Она часто, бесконечно переезжала. Её дважды выбрасывали на улицу за неуплату; арестовывали за нарушение общественного порядка. Несколько раз она попадала в больницу. Думаю, можно считать её законченной алкоголичкой, но я это слово ненавижу. Ей хватало денег, чтобы не работать, да она все равно нигде бы не удержалась. А может, не все равно. И все было бы иначе, старайся она заработать на жизнь, не плыви она по течению, смакуя причиненные нами обиды. Постоянно поступающие, не заработанные деньги поддерживают жалость к себе в тех, у кого имеется к ней склонность.
Когда я последний раз навещала Эйми, она жила в каких-то трущобах Парламент-стрит в Торонто. Неподалеку от подъезда, в грязи, сидела на корточках маленькая девочка, и я сразу же подумала, что это Сабрина. На чумазом растрепанном оборвыше были одни шорты, без футболки. Она держала в руке старую оловянную кружку и гнутой ложкой насыпала туда песок. Проявив смекалку, попросила у меня четвертак. Дала я деньги? Скорее всего.
— Я твоя бабушка, — сказала я, и она глянула на меня, как на сумасшедшую. Ей явно никогда не говорили о существовании такой персоны.
В тот раз я много чего услышала от соседей.
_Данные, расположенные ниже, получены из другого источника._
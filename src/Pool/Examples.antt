-- ===== src/Pool/Examples.antt =====
-- Runs of the connection pool.
use zway_server.Base.{[], ◌∷◌, arith}
use zway_server.Pool.{run, startup}
use zway_server.Pool.Conservation.{AllServed, run-startup-AllServed}

run-startup-AllServed_example : AllServed (run (0 ∷ 1 ∷ 2 ∷ 0 ∷ 2 ∷ []) (startup 3 3)).threads
run-startup-AllServed_example = run-startup-AllServed 3 3 (0 ∷ 1 ∷ 2 ∷ 0 ∷ 2 ∷ []) (omega arith)
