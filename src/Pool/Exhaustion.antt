-- ===== src/Pool/Exhaustion.antt =====
-- More threads than connections (src/db.cpp, DB::acquire).
use zway_server.Base.{ℕ, zero, suc, ◌<◌, ◌≡◌, refl, List, [], ◌∷◌, map, arith, length}
use zway_server.Pool.{
  Thread, idle, waiting, holding, broken, keep_first, step, run, all_idle, up_to, startup,
}
use zway_server.Pool.Conservation.{length-up_to}

-- Some thread was given a null lock.
abbrev pub HasBroken : List Thread → Type 0
HasBroken [] = ⊥
HasBroken (broken ∷ ts) = Unit {0}
HasBroken (idle ∷ ts) = HasBroken ts
HasBroken (waiting ∷ ts) = HasBroken ts
HasBroken (holding c ∷ ts) = HasBroken ts

-- Each thread in turn takes a connection, until one finds none and comes back after its wait.
abbrev pub rush : ℕ → List ℕ
rush zero = 0 ∷ 0 ∷ []
rush (suc n) = 0 ∷ map suc (rush n)

run-map-suc :
    (is : List ℕ) (t : Thread) (ts : List Thread) (cs : List ℕ)
    → run (map suc is) (record { connections = cs; threads = t ∷ ts })
      ≡ keep_first t (run is (record { connections = cs; threads = ts }))
unfolding run
run-map-suc [] t ts cs = refl
run-map-suc (i ∷ is) t ts cs = run-map-suc is t (step i ts cs).threads (step i ts cs).connections

rush-HasBroken :
    (cs : List ℕ) (n : ℕ)
    → length cs < n
    → HasBroken (run (rush (length cs)) (record { connections = cs; threads = all_idle n })).threads
unfolding run all_idle
rush-HasBroken cs zero h = absurd (omega arith)
rush-HasBroken [] (suc n) h = tt
rush-HasBroken (c ∷ cs) (suc n) h =
    rw (run-map-suc (rush (length cs)) (holding c) (all_idle n) cs)
      (rush-HasBroken cs n (omega arith))

-- With more threads than connections there is a schedule in which `acquire` returns a null lock:
-- as many threads as there are connections take one each, and one more finds none, waits, and finds
-- none again.
pub run-startup-HasBroken :
    (n threads : ℕ) → n < threads → HasBroken (run (rush n) (startup n threads)).threads
unfolding startup
run-startup-HasBroken n threads h =
    rw (length-up_to n) at (rush-HasBroken (up_to n) threads (omega (arith, length-up_to n)))
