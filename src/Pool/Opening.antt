-- ===== src/Pool/Opening.antt =====
-- How the pool comes to its connections, and how it ends: DB::startup, cleanup, Connection::create
-- and init (src/db.cpp). What the mongo driver does is given: whether the client initializes, and
-- for each connection whether connecting does not throw and whether the log-in is accepted.
use zway_server.Base.{
  ℕ, zero, suc, ◌+◌, ◌≡◌, ap, ◌∙◌, Bool, true, false, List, [], ◌∷◌, ◌++◌, arith, if◌then◌else◌,
}
use zway_server.Pool.{startup, up_to}

-- `init`: the result of `auth` is not looked at.
unfoldable pub init_connection : (ℕ → Bool) → (ℕ → Bool) → ℕ → Bool
init_connection connects accepted c = connects c

-- The loop from the c-th connection on; one that fails ends it, and the others stay in the queue.
unfoldable pub push_connections : (ℕ → Bool) → (ℕ → Bool) → ℕ → ℕ → List ℕ → Bool × List ℕ
unfolding init_connection
push_connections connects accepted zero c queue = (true, queue)
push_connections connects accepted (suc n) c queue =
    let rest = push_connections connects accepted n (suc c) (queue ++ c ∷ []) in
    if init_connection connects accepted c then rest else (false, queue)

unfoldable pub start_up : Bool → (ℕ → Bool) → (ℕ → Bool) → ℕ → Bool × List ℕ
unfolding push_connections
start_up initialized connects accepted n =
    if initialized then push_connections connects accepted n 0 [] else (false, [])

unfoldable pub clean_up : List ℕ → List ℕ
clean_up queue = []

pushed :
    (connects accepted : ℕ → Bool) (n c : ℕ)
    → ((i : ℕ) → connects i ≡ true)
    → push_connections connects accepted n c (up_to c) ≡ (true, up_to (c + n))
unfolding push_connections init_connection up_to
pushed connects accepted zero c all =
    let same : c ≡ c + 0 = omega arith in ap (λ k. (true, up_to k)) same
pushed connects accepted (suc n) c all =
    let same : suc c + n ≡ c + suc n = omega arith in
    rw (all c) (pushed connects accepted n (suc c) all) ∙ ap (λ k. (true, up_to k)) same

-- Where the client initializes and every connection connects, whether or not the log-ins are
-- accepted, the pool has the connections that its runs begin with.
pub start_up-startup :
    (connects accepted : ℕ → Bool) (n threads : ℕ)
    → ((i : ℕ) → connects i ≡ true)
    → start_up true connects accepted n ≡ (true, (startup n threads).connections)
unfolding start_up startup up_to
start_up-startup connects accepted n threads all =
    let same : 0 + n ≡ n = omega arith in
    pushed connects accepted n 0 all ∙ ap (λ k. (true, up_to k)) same
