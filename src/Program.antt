-- ===== src/Program.antt =====
-- The program (src/main.cpp): the pool of worker threads and the console that runs the server.
-- A thread of the program is one of the pool of connections; the server is Server/Lifecycle.
pub mod Workers
pub mod Console
pub mod Launch
pub mod Examples
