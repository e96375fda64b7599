-- ===== src/Server/Lifecycle.antt =====
-- Starting, pausing and resuming the server, and the accepting of connections: Server::start, close,
-- pause, resume, paused, accept and handleSession (src/server.cpp). Boost.Asio's acceptor is a
-- parameter; what io_service does with a pending accept is an event.
pub mod Accepting
pub mod Closing
pub mod Examples
pub mod Stuck
use zway_server.Base.{
  ℕ, zero, suc, ◌+◌, ◌%◌, ◌^◌, Bool, true, false, List, [], ◌∷◌, ◌++◌, if◌then◌else◌,
}

-- The calls that throw give false where they do; `can_accept` tells whether `async_accept` waits
-- for a client or fails at once, `is_open` whether the acceptor has a socket.
pub record AcceptorApi (A : Type 0) : Type 0 where
  pub open_acceptor : A → Bool × A
  pub reuse_address : A → Bool × A
  pub bind : A → Bool × A
  pub listen : A → Bool × A
  pub close_acceptor : A → Bool × A
  pub can_accept : A → Bool
  pub is_open : A → Bool

-- How an accept ended.
pub data Completion : Type 0 where
  connected : Completion
  failed : Completion
  aborted : Completion

-- `pending` accepts wait for a client; `ready` are the ended ones whose handler has not run yet.
-- `num_sessions` is the server's counter of started sessions; `started` are the calls of
-- `session->start()`, each for the session of an accepted connection, which then stands in the
-- server's map and shakes hands (Session/Lifecycle.antt).
pub record Lifecycle (A : Type 0) : Type 0 where
  pub acceptor : A
  pub paused : Bool
  pub num_sessions : ℕ
  pub started : ℕ
  pub pending : ℕ
  pub ready : List Completion

pub data Event : Type 0 where
  client : Event
  trouble : Event
  handle : Event
  press_pause : Event
  press_resume : Event

abbrev pub aborts : ℕ → List Completion
aborts zero = []
aborts (suc n) = aborted ∷ aborts n

module _ {A : Type 0} where
  end_accept : Completion → ℕ → Lifecycle A → Lifecycle A
  end_accept c zero s = s
  end_accept c (suc n) s = record s { pending = n; ready = s.ready ++ c ∷ [] }

module _ {A : Type 0} (api : AcceptorApi A) where
  open api use {open_acceptor, reuse_address, bind, listen, close_acceptor, can_accept}

  unfoldable pub accept : Lifecycle A → Lifecycle A
  accept s =
      if can_accept s.acceptor
      then record s { pending = s.pending + 1 }
      else record s { ready = s.ready ++ failed ∷ [] }

  closed_by : Bool × A → Lifecycle A → Bool × Lifecycle A
  closed_by (true, a) s = (
    true,
    record s { acceptor = a; paused = true; pending = 0; ready = s.ready ++ aborts s.pending },
  )
  closed_by (false, a) s =
      (false, record s { acceptor = a; pending = 0; ready = s.ready ++ aborts s.pending })

  -- Closing the acceptor aborts the accepts that wait, and closes it, even where it reports an error,
  -- which here is an exception.
  unfoldable pub pause : Lifecycle A → Bool × Lifecycle A
  unfolding closed_by
  pause s = if s.paused then (false, s) else closed_by (close_acceptor s.acceptor) s

  closed : Bool × A → Lifecycle A → Lifecycle A
  closed (done, a) s = record s { acceptor = a; pending = 0; ready = s.ready ++ aborts s.pending }

  -- `Server::close`, as far as the acceptor goes: the error of closing it is ignored.
  unfoldable pub close : Lifecycle A → Lifecycle A
  unfolding closed
  close s = closed (close_acceptor s.acceptor) s

  -- `later` is the flag `m_paused` after a success.
  listening : Bool → Bool × A → Lifecycle A → Bool × Lifecycle A
  listening later (false, a) s = (false, record s { acceptor = a })
  listening later (true, a) s =
      (true, record (accept (record s { acceptor = a })) { paused = later })

  bound : Bool → Bool × A → Lifecycle A → Bool × Lifecycle A
  bound later (false, a) s = (false, record s { acceptor = a })
  bound later (true, a) s = listening later (listen a) s

  opened : Bool × A → Lifecycle A → Bool × Lifecycle A
  opened (false, a) s = (false, record s { acceptor = a })
  opened (true, a) s = bound false (bind a) s

  -- Whatever throws leaves the acceptor where it is.
  unfoldable pub resume : Lifecycle A → Bool × Lifecycle A
  unfolding opened bound listening accept
  resume s = if s.paused then opened (open_acceptor s.acceptor) s else (false, s)

  -- The handler of an ended accept.
  unfoldable pub handle_session : Completion → Lifecycle A → Lifecycle A
  unfolding accept
  handle_session connected s =
      accept (record s { started = s.started + 1; num_sessions = (s.num_sessions + 1) % 2 ^ 32 })
  handle_session aborted s = s
  handle_session failed s = s

  optioned : Bool × A → Lifecycle A → Bool × Lifecycle A
  optioned (false, a) s = (false, record s { acceptor = a })
  optioned (true, a) s = bound s.paused (bind a) s

  first_opened : Bool × A → Lifecycle A → Bool × Lifecycle A
  first_opened (false, a) s = (false, record s { acceptor = a })
  first_opened (true, a) s = optioned (reuse_address a) s

  -- `database` is the result of DB::startup, `prepared` tells whether the certificates, the key and
  -- the address could be read.
  unfoldable pub start : Bool → Bool → Lifecycle A → Bool × Lifecycle A
  unfolding first_opened optioned bound listening accept
  start database prepared s =
      if database
      then (if prepared then first_opened (open_acceptor s.acceptor) s else (false, s))
      else (false, s)

  take_ready : List Completion → Lifecycle A → Lifecycle A
  take_ready [] s = s
  take_ready (c ∷ cs) s = handle_session c (record s { ready = cs })

  unfoldable pub step : Event → Lifecycle A → Lifecycle A
  unfolding take_ready end_accept handle_session pause resume
  step client s = end_accept connected s.pending s
  step trouble s = end_accept failed s.pending s
  step handle s = take_ready s.ready s
  step press_pause s = (pause s).1
  step press_resume s = (resume s).1

  unfoldable pub run : List Event → Lifecycle A → Lifecycle A
  unfolding step
  run [] s = s
  run (e ∷ es) s = run es (step e s)

-- The constructor.
unfoldable pub new : {A : Type 0} → A → Lifecycle A
new a = record {
  acceptor = a;
  paused = false;
  num_sessions = 0;
  started = 0;
  pending = 0;
  ready = [];
}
Похоже, они были хорошими людьми — во всяком случае, кормили Сабрину, когда Эйми забывала вернуться домой. Кажется, фамилия их была Келли. Это они вызвали полицию, когда нашли Эйми под лестницей со сломанной шеей. Упала, бросилась, столкнули — мы никогда не узнаем.
В тот день надо было мне схватить Сабрину в охапку и бежать. В Мексику. Я бы так и сделала, если б знала, что будет дальше — что Уинифред украдет Сабрину и спрячет от меня, как раньше Эйми.
С кем было бы лучше Сабрине? Каково ей жилось с богатой, мстительной и страдающей женщиной? Вместо бедной, мстительной и страдающей, то есть со мной? Но я бы её любила. Сомневаюсь, чтобы её любила Уинифред. Она вцепилась в Сабрину, чтобы навредить мне, покарать, доказать, что выиграла.
Но в тот день я никого не похитила. Постучавшись в дверь и не получив ответа, открыла, вошла и поднялась по крутой темной и узкой лестнице на второй этаж. Эйми сидела на кухне за круглым столиком и разглядывала кофейную кружку; на кружке — улыбчивая рожица. Эйми поднесла кружку к лицу и крутила туда-сюда. Бледная, всклокоченная. Не могу сказать, чтобы она показалась мне очень привлекательной. Она курила. Скорее всего, была под каким-нибудь наркотиком и пьяна — я ощущала вонь, смешанную с застарелым запахом табака, немытой раковины и грязного помойного ведра.
Я пыталась с ней поговорить. Начала очень мягко, но она была не в настроении слушать. Она сказала, что устала от всего, от всех нас. И больше всего — от того, что от неё всё скрывают. В семье все шито-крыто, все врут: мы только открываем и закрываем рты, издаем звуки, но правды не дождешься.